Quantifying Knowledge Distillation Using Partial Information Decomposition
Pasan Dissanayake, Faisal Hamman, Barproda Halder, Ilia Sucholutsky, Qiuyi Zhang, Sanghamitra Dutta
TL;DR
This work addresses fundamental limits of knowledge distillation by applying Partial Information Decomposition to separate task-relevant knowledge from nuisance information encoded in teacher representations. It defines the knowledge to distill as $Uni(Y:T\setminus S)$ and the transferred knowledge as $Red(Y:T,S)$, and introduces the RID framework that optimizes a lower bound on transferred knowledge via $Red_\cap (Y: T,S)$. The authors show that approaches maximizing $I(T;S)$ can misallocate capacity for limited students, and demonstrate RID's robustness to nuisance teachers through theory and two-phase optimization, with extensive empirical validation on CIFAR-10/100 and an ImageNet-to-CUB transfer scenario.
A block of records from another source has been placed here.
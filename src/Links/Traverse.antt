-- ===== src/Links/Traverse.antt =====
-- `ANBO_LIST_FOR_EACH` on a ring, and `Anbo_List_IsEmpty`.
use anbo_mos.Common.{
  ℕ, zero, suc, ◌<◌, false, none, some, List, [], ◌∷◌, ◌≡◌, refl, ◌≢◌, ap, ◌∙◌, arith, ◌==◌, length,
}
use anbo_mos.Links.{Node, Links, remove, is_empty, for_each}
use anbo_mos.Links.Chain.{mem, Chain, IsRing, first, Chain-seam}

for_each-Chain :
    (fuel : ℕ) (l : Links) (h p : Node) (xs : List Node)
    → Chain l p xs h
    → mem h xs ≡ false
    → length xs < fuel
    → for_each fuel l h (first xs h) ≡ some xs
unfolding for_each
for_each-Chain zero l h p xs c out fuel = absurd (omega arith)
for_each-Chain (suc fuel) l h p [] c out f = ground arith
for_each-Chain (suc fuel) l h p (x ∷ xs) (c, b, rest) out f =
    let (n, _) = Chain-seam l x [] xs h rest in
    let ih : for_each fuel l h (l.next x) ≡ some xs =
      rw n (for_each-Chain fuel l h x xs rest (ground arith) (omega arith)) in
    rw ih (ground arith)

-- With more rounds allowed than the ring has nodes, the traversal ends, and visits exactly the
-- nodes of the ring, in order.
pub for_each-IsRing :
    (fuel : ℕ) (l : Links) (h : Node) (xs : List Node)
    → IsRing l h xs
    → length xs < fuel
    → for_each fuel l h (l.next h) ≡ some xs
for_each-IsRing fuel l h xs ring f =
    rw (Chain-seam l h [] xs h ring.chain).0 (for_each-Chain fuel l h h xs ring.chain ring.apart f)

-- `Anbo_List_IsEmpty` tells whether the ring holds no node.
pub is_empty-IsRing :
    (l : Links) (h : Node) (xs : List Node) → IsRing l h xs → is_empty l h ≡ (length xs == 0)
unfolding is_empty
is_empty-IsRing l h [] ring = ground (arith, ring.chain)
is_empty-IsRing l h (x ∷ xs) ring = ground (arith, ring.chain, ring.apart)

-- A traversal that stands at a node which has been removed from its ring never ends, however many
-- rounds it is allowed: the node leads to itself, and is not the head.
pub for_each-remove_here :
    (fuel : ℕ) (l : Links) (h x : Node) → x ≢ h → for_each fuel (remove l x) h x ≡ none
unfolding for_each remove
for_each-remove_here zero l h x ne = refl
for_each-remove_here (suc fuel) l h x ne =
    let stays : (remove l x).next x ≡ x = ground arith in
    let ih : for_each fuel (remove l x) h ((remove l x).next x) ≡ none =
      ap (for_each fuel (remove l x) h) stays ∙ for_each-remove_here fuel l h x ne in
    rw ih (ground arith)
Overall, the paper provides a rigorous information-theoretic lens and a practical algorithm for task-focused distillation, with implications for more resilient model compression and transfer learning.
Abstract
Knowledge distillation deploys complex machine learning models in resource-constrained environments by training a smaller student model to emulate internal representations of a complex teacher model. However, the teacher's representations can also encode nuisance or additional information not relevant to the downstream task. Distilling such irrelevant information can actually impede the performance of a capacity-limited student model. This observation motivates our primary question: What are the information-theoretic limits of knowledge distillation? To this end, we leverage Partial Information Decomposition to quantify and explain the transferred knowledge and knowledge left to distill for a downstream task. We theoretically demonstrate that the task-relevant transferred knowledge is succinctly captured by the measure of redundant information about the task between the teacher and student. We propose a novel multi-level optimization to incorporate redundant information as a regularizer, leading to our framework of Redundant Information Distillation (RID). RID leads to more resilient and effective distillation under nuisance teachers as it succinctly quantifies task-relevant knowledge rather than simply aligning student and teacher representations.